What they will never have is a movement from below. The anti-trans movement has an outsized influence and voice, but it has no human touch. In the wake of the Supreme Court ruling, thousands and thousands took to the streets to show their solidarity. In Leicester we organised something far bigger than any of us could have anticipated. In London, Manchester, Edinburgh and many other cities it was a bigger mobilisation still. We cannot let this anger fizzle into hopelessness as happens so often. Our challenge now is to challenge misinformation and embed into all our struggles the mantra that we cannot win unless all of us win.

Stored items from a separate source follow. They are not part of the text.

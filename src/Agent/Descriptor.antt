-- ===== src/Agent/Descriptor.antt =====
-- `_filter_by_descriptor`, `_match_descriptor`, `_vision_resolve` and `_descriptor_for` of
-- src/andera/agent/nodes.py. `re.search` is the parameter `search_re`: None is `re.error`.
use browser_agent.Common.{
  ℕ, zero, suc, String, Bool, true, false, ◌&&◌, ◌||◌, Option, none, some, List, [], ◌∷◌, str_eq,
  ◌==◌, if◌then◌else◌, keep_if, get_elem?,
}
use mathlib.Core.Option
use browser_agent.Json.{ℤ, pos, negsuc, Json}
use browser_agent.Agent.Effect.{Failure, exception, Result, ok, raised, Eff}
use browser_agent.Agent.Step.{Descriptor}
use browser_agent.Agent.Tools.{Mark}
pub mod Replay

abbrev pub int_eq : ℤ → ℤ → Bool
int_eq (pos m) (pos n) = m == n
int_eq (negsuc m) (negsuc n) = m == n
int_eq _ _ = false

-- `==` on the dictionaries of two marks
abbrev pub mark_eq : Mark → Mark → Bool
mark_eq a b =
    int_eq a.mark_id b.mark_id
    && (str_eq a.role b.role
        && (str_eq a.name b.name
            && (str_eq a.href b.href
                && (str_eq a.placeholder b.placeholder
                    && str_eq a.viewport_region b.viewport_region))))

-- `list.index`, where none is a ValueError
pub index : Mark → List Mark → Option ℕ
index m [] = none
index m (x ∷ xs) = let rest = Option.map suc (index m xs) in if mark_eq x m then some 0 else rest

-- What the model of the role "vision" answers under VISION_RESPONSE_SCHEMA.
pub record VisionReply : Type 0 where
  pub mark_id : ℤ
  pub descriptor : Option Descriptor

-- The mark with the id; of two with one id the dictionary `by_id` keeps the later.
abbrev pub by_id : ℤ → List Mark → Option Mark
by_id i [] = none
by_id i (m ∷ ms) =
    let rest = by_id i ms in
    elim rest [ none ↦ if int_eq m.mark_id i then some m else none | some x ↦ some x ]

abbrev pub first : List Mark → Option Mark
first [] = none
first (m ∷ ms) = some m

abbrev pub role_only : String → Descriptor
role_only role = record {
  role = role;
  href_pattern = "";
  name_pattern = "";
  placeholder_pattern = "";
  viewport_region = "";
  ordinal = pos 0;
}

-- `mark.get("role") or hint.get("role") or ""`
abbrev pub role_of : Mark → Descriptor → String
role_of mark hint = if str_eq mark.role "" then hint.role else mark.role

module _ (search_re : String → String → Option Bool) where
  -- One of the three tests of a pattern; a bad pattern filters nothing.
  abbrev pub passes : String → String → Bool
  passes pattern text =
      if str_eq pattern "" then true else elim (search_re pattern text) [ none ↦ true | some b ↦ b ]

  pub fits : Descriptor → Mark → Bool
  fits desc m =
      (str_eq desc.role "" || str_eq m.role desc.role)
      && (passes desc.href_pattern m.href
          && (passes desc.name_pattern m.name
              && (passes desc.placeholder_pattern m.placeholder
                  && (str_eq desc.viewport_region ""
                      || str_eq m.viewport_region desc.viewport_region))))

  pub filter_by_descriptor : List Mark → Descriptor → List Mark
  filter_by_descriptor marks desc = keep_if (fits desc) marks

  pub match_descriptor : Option Descriptor → List Mark → Option Mark
  unfolding filter_by_descriptor
  match_descriptor none marks = none
  match_descriptor (some desc) marks = elim desc.ordinal [
    | pos n ↦ get_elem? (filter_by_descriptor marks desc) n
    | negsuc n ↦ none
  ]

  -- The mark that a reply stands for: an unknown id falls back to the descriptor, then to the
  -- first mark, and raises an IndexError if there is none.
  pub resolved_mark : VisionReply → List Mark → Result Mark
  unfolding filter_by_descriptor
  resolved_mark reply marks =
      let candidates : List Mark = elim reply.descriptor [
        | none ↦ marks
        | some d ↦ filter_by_descriptor marks d
      ] in
      let fallback : Option Mark = elim (first candidates) [
        | none ↦ first marks
        | some m ↦ some m
      ] in
      let chosen : Option Mark = elim (by_id reply.mark_id marks) [
        | none ↦ fallback
        | some m ↦ some m
      ] in
      elim chosen [ none ↦ raised (exception "IndexError") | some m ↦ ok m ]

  -- `_vision_resolve` with the model and the bytes of the image behind `ask`.
  pub vision_resolve : {W : Type 0} → Eff W VisionReply → List Mark → Eff W (Mark × Descriptor)
  vision_resolve ask marks w =
      let (r, w') = ask w in
      elim r [
        | raised e ↦ (raised e, w')
        | ok reply ↦ (
          elim (resolved_mark reply marks) [
            | raised e ↦ raised e
            | ok m ↦ ok (m, elim reply.descriptor [ none ↦ role_only m.role | some d ↦ d ])
          ],
          w',
        )
      ]

  -- `_descriptor_for`
  pub descriptor_for : Mark → List Mark → Descriptor → Descriptor
  unfolding filter_by_descriptor index
  descriptor_for mark marks hint =
      let desc : Descriptor = record hint { role = role_of mark hint; ordinal = pos 0 } in
      let among_role : List Mark = keep_if (λ m. str_eq m.role desc.role) marks in
      let ordinal : ℕ = elim (index mark (filter_by_descriptor marks desc)) [
        | some n ↦ n
        | none ↦ elim (index mark among_role) [ some n ↦ n | none ↦ 0 ]
      ] in
      record desc { ordinal = pos ordinal }
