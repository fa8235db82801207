-- ===== src/Agent/State.antt =====
-- `AgentState` of src/andera/agent/state.py and `AgentDeps` of src/andera/agent/nodes.py. A key
-- that no node has set has the value that the code's `state.get(key, default)` gives.
use browser_agent.Common.{ℕ, String, Bool, Option, List, ◌++◌}
use browser_agent.Json.{Json, Fields}
use browser_agent.Agent.Effect.{Failure, Result, Eff}
use browser_agent.Agent.Step.{Step}
use browser_agent.Agent.Observations.{Observation}
use browser_agent.Agent.Tools.{Session, ToolResult, Mark}
use browser_agent.Agent.Descriptor.{VisionReply}

pub data Status : Type 0 where
  pending acting verifying extracting judging replanning done failed : Status

pub record State : Type 0 where
  pub task_prompt : String
  pub input_data : Fields
  pub start_url : Option String
  pub extract_schema : Fields
  pub plan : List Step
  pub step_index : ℕ
  pub observations : List Observation
  pub tool_calls : List ToolResult
  pub evidence : List Json
  pub extracted : Json
  pub reflect_count : ℕ
  pub consecutive_fails : ℕ
  pub plan_count : ℕ
  pub plan_cache_hit : Bool
  pub task_type : Option String
  pub last_tool_error : Option Failure
  pub extract_errors : List String
  pub judge_feedback : Option String
  pub status : Status
  pub verdict : Option String
  pub verdict_reason : Option String
  pub error : Option Failure

-- The reducer of `tool_calls` and `evidence`, LangGraph's merge of those two keys.
abbrev pub append {ℓ} : {A : Type ℓ} → List A → List A → List A
append left right = left ++ right

-- The answer of a model: `out.get("parsed")`, and what `_parse_json(out["content"])` comes to.
pub record Reply : Type 0 where
  pub parsed : Json
  pub content : Result Json

-- What each prompt is made of; the texts of src/andera/agent/prompts.py stand around it.
pub record PlanPrompt : Type 0 where
  pub task_type : String
  pub task_prompt : String
  pub input_data : Fields
  pub start_url : Option String
  pub schema : Fields
  pub current_snapshot : Option Fields

pub record VerifyPrompt : Type 0 where
  pub task_prompt : String
  pub current_step : Option Step
  pub last_action : Option ToolResult
  pub snapshot : Option Fields

pub record ExtractPrompt : Type 0 where
  pub observations : List Observation
  pub schema : Fields
  pub judge_feedback : Option String
  pub prior_extraction : Option Json
  pub validation_errors : Option (List String)
  -- the schema for strict JSON mode, which an array schema goes without
  pub pass_schema : Option Fields

pub record JudgePrompt : Type 0 where
  pub with_schema : Bool
  pub task_prompt : String
  pub extracted : Json
  pub evidence : List Json

-- `PlanCache` of src/andera/agent/plan_cache.py, behind its two methods.
pub record Cache (W : Type 0) : Type 0 where
  pub lookup : String → W → Option (List Step) × W
  pub store : String → List Step → W → W

pub record Deps (W : Type 0) : Type 0 where
  pub planner : PlanPrompt → Eff W Reply
  pub navigator : VerifyPrompt → Eff W Reply
  pub extractor : ExtractPrompt → Eff W Reply
  pub judge : JudgePrompt → Eff W Reply
  -- `classify_task` with the model of the role, if there is one
  pub classifier : Option (String → Fields → W → String × W)
  pub vision : Option (String → Json → List Mark → Eff W VisionReply)
  pub browser : Session W
  pub plan_cache : Option (Cache W)
  -- `plan_key`, a hash
  pub plan_key : String → Fields → Option String → String
  -- `re.search`, where none is `re.error`
  pub search_re : String → String → Option Bool
  -- the messages of `Draft202012Validator(schema).iter_errors(parsed)`
  pub iter_errors : Fields → Fields → List String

The media playbook against trans people is the same one which it pulls against refugees. Its ignorance of trans voices in favour of transphobes matches its preference of Israeli voices to Palestinians. Though it may not seem it, our individual struggles against the forces of reaction and media conservatism are linked, both by playbook and by purpose. The dominance of the post-Thatcher consensus and of neoliberal affluence is collapsing and old media are collapsing with it. As the old world dies, the new world struggles to be born – and if we want that new world built by workers liberated and freed from the social determinisms of the past, then we must pull our disparate movements together as one class, the working class, united and unbowed.

Alex Burt is East Midlands Officer for Labour For Trans Rights.